Minor mortgage players feel the squeeze

May 26, 2009

The banking sector’s so-called ‘Big Four’ is possibly morphing into a Big Two, while regional banks and non-banks continue to be squeezed - according to new research that has the ACCC concerned.

A banking industry review by Brandmanagement found that, while all of the Big Four expanded their mortgage books in the March quarter, Australia’s two giants in the housing sector - Westpac and Commonwealth - had taken a disproportionate share. Following the CBA-BankWest and Westpac-St George Bank mergers, the two companies have claimed around 85 per cent of mortgage growth amongst the majors during the period.

The report, obtained by The Australian, discovered that $22.7 billion of the $26.6 billion growth in mortgage books by the majors in the March quarter was achieved by CBA/BankWest ($15 billion growth) and Westpac ($7.7 billion).

ACCC Chairman Graeme Samuel indicated at the time of approval of the CBA-BankWest deal that the competition watchdog was unhappy with the deal but had little option but to approve it. He has now added that further consolidation in the sector would now be unlikely.

The statistics underlined the power of the Big Four as the “flight to safety” since the credit crunch has taken off. They now hold 72 per cent of outstanding mortgages by value ($730 billion), markedly higher that last year when they commanded a 57.5 per cent share ($539 billion).

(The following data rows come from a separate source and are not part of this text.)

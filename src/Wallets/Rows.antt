-- ===== src/Wallets/Rows.antt =====
-- src/agent_wallet/mod.rs: the table of the wallets, by the names of its rows.
use agent_execution_platform.Prelude.{
  ◌≡◌, refl, ap, inl, inr, none, some, List, arith, Option-cases, true, Bool-cases,
}
use agent_execution_platform.Prelude.Text.{Text, text_eq, text_eq_iff}
use agent_execution_platform.Prelude.Results.{Result, ok, err}
use agent_execution_platform.Wallets.{AgentWalletRow, AgentWallet, row_of, inserted}
use agent_execution_platform.Wallets.Registry.{WalletError, AgentWalletRegistry, Store, wallet_of}

-- Every row of the one table is in the other under its name.
abbrev pub Kept : List AgentWalletRow → List AgentWalletRow → Type 0
Kept before after =
    (name : Text) (r : AgentWalletRow) → row_of before name ≡ some r → row_of after name ≡ some r

-- A new row is put in front only where its name has no row.
pub inserted-Kept :
    (r : AgentWalletRow) (rs : List AgentWalletRow)
    → Kept rs (inserted (row_of rs r.namespaced_id) r rs)
inserted-Kept r rs name old h = elim (Option-cases (row_of rs r.namespaced_id)) [
  | inr (there, e) ↦ rw e h
  | inl e ↦ elim (Bool-cases (text_eq r.namespaced_id name)) [
    | inr other ↦ rw (e, other) h
    | inl same ↦ absurd (clash ((text_eq_iff r.namespaced_id name).0 same) e)
  ]
]
  where
    clash : r.namespaced_id ≡ name → row_of rs r.namespaced_id ≡ none → ⊥
    clash same e = ground (arith, ap (row_of rs) same)

text_eq_refl : (s : Text) → text_eq s s ≡ true
text_eq_refl s = (text_eq_iff s s).1 refl

-- After the insert the name has a row.
pub row_of-inserted :
    (r : AgentWalletRow) (rs : List AgentWalletRow)
    → (found : AgentWalletRow) × (row_of (inserted (row_of rs r.namespaced_id) r rs) r.namespaced_id
        ≡ some found)
row_of-inserted r rs = elim (Option-cases (row_of rs r.namespaced_id)) [
  | inr (there, e) ↦ (there, rw e e)
  | inl e ↦ (r, rw (e, text_eq_refl r.namespaced_id) refl)
]

module _ {D N : Type 0} (reg : AgentWalletRegistry D N) where
  -- The rows that the database holds.
  abbrev pub rows : Store D N → List AgentWalletRow
  rows w = reg.db_pool.view w.db

  -- The wallet that is answered is read from the row under the agent's name.
  abbrev pub Held : Text → Result WalletError AgentWallet → List AgentWalletRow → Type 0
  Held name (ok wallet) rs =
      (r : AgentWalletRow) × (row_of rs name ≡ some r) × (wallet_of reg r ≡ ok wallet)
  Held name (err e) rs = Unit
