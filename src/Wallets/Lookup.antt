-- ===== src/Wallets/Lookup.antt =====
-- src/agent_wallet/mod.rs: what `load_wallet` finds.
use agent_execution_platform.Prelude.{
  ◌≡◌, refl, sym, inl, inr, Option, none, some, arith, Option-cases,
}
use agent_execution_platform.Prelude.Text.{Text}
use agent_execution_platform.Prelude.Results.{ok, Result-cases}
use agent_execution_platform.Service.{call_inv, call_answered}
use agent_execution_platform.Wallets.{
  AgentWalletRow, AgentWallet, select_wallet, Answer, row, row_of,
}
use agent_execution_platform.Wallets.Registry.{
  execute, AgentWalletRegistry, Store, wallet_of, loaded, load_wallet,
}
use agent_execution_platform.Wallets.Rows.{Held, rows}

module _ {D N : Type 0} (reg : AgentWalletRegistry D N) where
  pub load_keeps : (name : Text) (w : Store D N) → rows reg (load_wallet reg name w).1 ≡ rows reg w
  unfolding load_wallet execute
  load_keeps name w =
      let kept =
        call_inv reg.db_pool (λ v. v ≡ reg.db_pool.view w.db) (select_wallet name) w.db refl refl in
      elim (Option-cases (reg.db_pool.call (select_wallet name) w.db).0) [
        | inl e ↦ ground (arith, kept)
        | inr (a, e) ↦ ground (arith, kept)
      ]

  load_finds :
      (name : Text) (w : Store D N) (found : Option AgentWallet)
      → (load_wallet reg name w).0 ≡ ok found
      → (a : Answer) × (a ≡ row (row_of (rows reg w) name)) × (loaded reg a ≡ ok found)
  unfolding load_wallet execute
  load_finds name w found h = elim (Option-cases (reg.db_pool.call (select_wallet name) w.db).0) [
    | inl e ↦ absurd (ground arith)
    | inr (a, e) ↦
        let (same, moved) = call_answered reg.db_pool (select_wallet name) w.db e in
        (a, sym same, ground arith)
  ]

  row_in :
      (o : Option AgentWalletRow) (found : Option AgentWallet)
      → loaded reg (row o) ≡ ok found
      → (wallet : AgentWallet) → found ≡ some wallet
      → (r : AgentWalletRow) × (o ≡ some r) × (wallet_of reg r ≡ ok wallet)
  row_in none found h wallet e = absurd (ground arith)
  row_in (some r) found h wallet e = elim (Result-cases (wallet_of reg r)) [
    | inr (x, q) ↦ absurd (ground arith)
    | inl (v, q) ↦ (r, refl, ground arith)
  ]

  -- A row that is there is found.
  no_row_in : (o : Option AgentWalletRow) → loaded reg (row o) ≡ ok none → o ≡ none
  no_row_in none h = refl
  no_row_in (some r) h = elim (Result-cases (wallet_of reg r)) [
    | inr (x, q) ↦ absurd (ground arith)
    | inl (v, q) ↦ absurd (ground arith)
  ]

  -- A wallet that is found is that of the row under the name.
  pub load-Held :
      (name : Text) (w : Store D N) (wallet : AgentWallet)
      → (load_wallet reg name w).0 ≡ ok (some wallet)
      → Held reg name (ok wallet) (rows reg (load_wallet reg name w).1)
  load-Held name w wallet h =
      let (a, q, l) = load_finds name w (some wallet) h in
      rw (load_keeps name w)
        (row_in (row_of (rows reg w) name) (some wallet) (rw (← q) l) wallet refl)

  pub load_none :
      (name : Text) (w : Store D N)
      → (load_wallet reg name w).0 ≡ ok none
      → row_of (rows reg w) name ≡ none
  load_none name w h =
      let (a, q, l) = load_finds name w none h in no_row_in (row_of (rows reg w) name) (rw (← q) l)
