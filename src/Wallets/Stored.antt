-- ===== src/Wallets/Stored.antt =====
-- src/agent_wallet/mod.rs: the insert and the search after it.
use agent_execution_platform.Prelude.{
  ◌≡◌, refl, ap, inl, inr, Option, none, some, arith, Option-cases,
}
use agent_execution_platform.Prelude.Results.{Result, ok, err, Result-cases}
use agent_execution_platform.Service.{call_inv, call_answered}
use agent_execution_platform.Wallets.{AgentWalletRow, AgentWallet, insert_wallet, Answer, row_of}
use agent_execution_platform.Wallets.Registry.{
  WalletError, AgentWalletRegistry, Store, execute, load_wallet, or_fresh, store_row,
}
use agent_execution_platform.Wallets.Rows.{Kept, inserted-Kept, row_of-inserted, Held, rows}
use agent_execution_platform.Wallets.Lookup.{load_keeps, load-Held, load_none}

module _ {D N : Type 0} (reg : AgentWalletRegistry D N) where
  insert_keeps :
      (r : AgentWalletRow) (w : Store D N)
      → Kept (rows reg w) (rows reg (execute reg (insert_wallet r) w).1)
  unfolding execute
  insert_keeps r w name old h =
      call_inv reg.db_pool (λ v. row_of v name ≡ some old) (insert_wallet r) w.db h
        (inserted-Kept r (rows reg w) name old h)

  pub store_keeps :
      (r : AgentWalletRow) (f : AgentWallet) (w : Store D N)
      → Kept (rows reg w) (rows reg (store_row reg r f w).1)
  unfolding store_row execute load_wallet
  store_keeps r f w name old h =
      let kept = insert_keeps r w name old h in
      let same = load_keeps reg r.namespaced_id (execute reg (insert_wallet r) w).1 in
      elim (Option-cases (reg.db_pool.call (insert_wallet r) w.db).0) [
        | inl e ↦ ground (arith, kept)
        | inr (a, e) ↦
            elim (Result-cases
              (load_wallet reg r.namespaced_id (execute reg (insert_wallet r) w).1).0) [
                | inl (found, q) ↦ ground (arith, kept, ap (λ v. row_of v name) same)
                | inr (x, q) ↦ ground (arith, kept, ap (λ v. row_of v name) same)
              ]
      ]

  -- An answered insert leaves a row under the name.
  insert_has_row :
      (r : AgentWalletRow) (w : Store D N) (a : Answer)
      → (execute reg (insert_wallet r) w).0 ≡ ok a
      → (found : AgentWalletRow) × (row_of
            (rows reg (execute reg (insert_wallet r) w).1)
            r.namespaced_id
          ≡ some found)
  unfolding execute
  insert_has_row r w a h = elim (Option-cases (reg.db_pool.call (insert_wallet r) w.db).0) [
    | inl e ↦ absurd (ground arith)
    | inr (b, e) ↦
        let (same, moved) = call_answered reg.db_pool (insert_wallet r) w.db e in
        let (found, there) = row_of-inserted r (rows reg w) in
        (found, ground (arith, there, ap (λ v. row_of v r.namespaced_id) moved))
  ]

  -- After an answered insert the search finds a wallet.
  found_after_insert :
      (r : AgentWalletRow) (w : Store D N) (a : Answer) (found : Option AgentWallet)
      → (execute reg (insert_wallet r) w).0 ≡ ok a
      → (load_wallet reg r.namespaced_id (execute reg (insert_wallet r) w).1).0 ≡ ok found
      → (wallet : AgentWallet) × (found ≡ some wallet)
  found_after_insert r w a (some v) e h = (v, refl)
  found_after_insert r w a none e h =
      let (old, there) = insert_has_row r w a e in
      let absent = load_none reg r.namespaced_id (execute reg (insert_wallet r) w).1 h in
      absurd (ground (arith, there, absent))

  abbrev after :
      AgentWallet
      → Result WalletError (Option AgentWallet) × Store D N
      → Result WalletError AgentWallet × Store D N
  after f (ok found, w) = (ok (or_fresh f found), w)
  after f (err x, w) = (err x, w)

  store_fails :
      (r : AgentWalletRow) (f : AgentWallet) (w : Store D N) (x : WalletError)
      → (execute reg (insert_wallet r) w).0 ≡ err x
      → (store_row reg r f w).0 ≡ err x
  unfolding store_row execute
  store_fails r f w x e = ground arith

  store_then :
      (r : AgentWalletRow) (f : AgentWallet) (w : Store D N) (a : Answer)
      → (execute reg (insert_wallet r) w).0 ≡ ok a
      → store_row reg r f w
        ≡ after f (load_wallet reg r.namespaced_id (execute reg (insert_wallet r) w).1)
  unfolding store_row execute load_wallet
  store_then r f w a e =
      elim (Result-cases (load_wallet reg r.namespaced_id (execute reg (insert_wallet r) w).1).0) [
        | inr (x, e2) ↦ ground arith
        | inl (found, e2) ↦ ground arith
      ]

  -- A stored wallet is what the search after the insert finds.
  store_ok :
      (r : AgentWalletRow) (f : AgentWallet) (w : Store D N) (v : AgentWallet)
      → (store_row reg r f w).0 ≡ ok v
      → let w1 = (execute reg (insert_wallet r) w).1 in
        ((load_wallet reg r.namespaced_id w1).0 ≡ ok (some v))
        × ((store_row reg r f w).1 ≡ (load_wallet reg r.namespaced_id w1).1)
  store_ok r f w v h = elim (Result-cases (execute reg (insert_wallet r) w).0) [
    | inr (x, e) ↦ absurd (ground (arith, h, store_fails r f w x e))
    | inl (a, e) ↦
        let w1 = (execute reg (insert_wallet r) w).1 in
        let q = store_then r f w a e in
        elim (Result-cases (load_wallet reg r.namespaced_id w1).0) [
          | inr (x, e2) ↦ absurd (ground (arith, h, q))
          | inl (found, e2) ↦
              let (old, e3) = found_after_insert r w a found e e2 in ground (arith, h, q)
        ]
  ]

  -- The wallet is that of the row under the name, which may be one that was there before.
  pub store_row-Held :
      (r : AgentWalletRow) (f : AgentWallet) (w : Store D N)
      → Held reg r.namespaced_id (store_row reg r f w).0 (rows reg (store_row reg r f w).1)
  store_row-Held r f w = elim (Result-cases (store_row reg r f w).0) [
    | inr (x, e) ↦ rw e tt
    | inl (v, e) ↦
        let (found, same) = store_ok r f w v e in
        rw (e, same) (load-Held reg r.namespaced_id (execute reg (insert_wallet r) w).1 v found)
  ]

Banks outside the Big Four saw a $1.8 billion net decline in their mortgage books in the March quarter, with Macquarie Group, Bendigo and Adelaide Bank and Citi recording falls.

“We are increasingly concerned about the potential for a less than intensely competitive structure developing amongst the banks and the non-bank financial institutions as we emerge from the global financial crisis,” Mr Samuel said.